Exercise details:
Below are the records; give again exactly the lines that run from the one with "pub record AttestationClaim : Type 0 where" through the last line.

Records from a data source
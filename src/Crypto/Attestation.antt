-- ===== src/Crypto/Attestation.antt =====
-- The signed claim of a provider on its hardware, crates/nm-crypto/src/attestation.rs, signed with Ed25519.
-- The JSON text of a claim comes from a library: the parameter `json`. The time of a new claim is an
-- argument, and so is the time of a verification.
pub mod Signed
use Prim.Native.String.{String}
use neuralmesh.Common.{List, ℕ, ◌-◌, leb}
use neuralmesh.Crypto.{decode, Schemes, ed_from_hex, Result, ◌>>=◌, ed_verify, ◌>>◌, ensure, stale}

pub record MacChipInfo : Type 0 where
  pub chip_model : String
  pub unified_memory_gb : ℕ
  pub gpu_cores : ℕ
  pub cpu_cores : ℕ
  pub metal_version : String
  pub serial_number : String
  pub platform_uuid : String
  pub macos_version : String

pub record AttestationClaim : Type 0 where
  pub provider_pubkey : String
  pub job_id : String
  pub chip : MacChipInfo
  pub timestamp : ℕ

pub record Attestation : Type 0 where
  pub claim : AttestationClaim
  pub signature : String

-- An attestation of the time `timestamp` is at most five minutes old at the time `now`. The subtraction of
-- the code stops at 0.
unfoldable pub ensure_fresh : ℕ → ℕ → Result (Unit {0})
ensure_fresh now timestamp = ensure (leb (now - timestamp) 300) stale

module _ (S : Schemes) (json : AttestationClaim → List ℕ) where
  unfoldable pub signing_bytes : AttestationClaim → List ℕ
  signing_bytes claim = S.sha256 (json claim)

  -- `create` with the key pair of a seed.
  unfoldable pub create : List ℕ → String → MacChipInfo → ℕ → Attestation
  create seed job_id chip now =
      let claim : AttestationClaim = record {
        provider_pubkey = S.hex_encode (S.ed_public seed);
        job_id = job_id;
        chip = chip;
        timestamp = now;
      } in
      record { claim = claim; signature = S.hex_encode (S.ed_sign seed (signing_bytes claim)) }

  unfoldable pub verify : Attestation → ℕ → Result (Unit {0})
  verify a now = do
    pubkey ← ed_from_hex S a.claim.provider_pubkey
    sig_bytes ← decode S a.signature
    ed_verify S pubkey (signing_bytes a.claim) sig_bytes
    ensure_fresh now a.claim.timestamp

Solution for this task:
pub record AttestationClaim : Type 0 where
  pub provider_pubkey : String
  pub job_id : String
  pub chip : MacChipInfo
  pub timestamp : ℕ

pub record Attestation : Type 0 where
  pub claim : AttestationClaim
  pub signature : String

-- An attestation of the time `timestamp` is at most five minutes old at the time `now`. The subtraction of
-- the code stops at 0.
unfoldable pub ensure_fresh : ℕ → ℕ → Result (Unit {0})
ensure_fresh now timestamp = ensure (leb (now - timestamp) 300) stale

module _ (S : Schemes) (json : AttestationClaim → List ℕ) where
  unfoldable pub signing_bytes : AttestationClaim → List ℕ
  signing_bytes claim = S.sha256 (json claim)

  -- `create` with the key pair of a seed.
  unfoldable pub create : List ℕ → String → MacChipInfo → ℕ → Attestation
  create seed job_id chip now =
      let claim : AttestationClaim = record {
        provider_pubkey = S.hex_encode (S.ed_public seed);
        job_id = job_id;
        chip = chip;
        timestamp = now;
      } in
      record { claim = claim; signature = S.hex_encode (S.ed_sign seed (signing_bytes claim)) }

  unfoldable pub verify : Attestation → ℕ → Result (Unit {0})
  verify a now = do
    pubkey ← ed_from_hex S a.claim.provider_pubkey
    sig_bytes ← decode S a.signature
    ed_verify S pubkey (signing_bytes a.claim) sig_bytes
    ensure_fresh now a.claim.timestamp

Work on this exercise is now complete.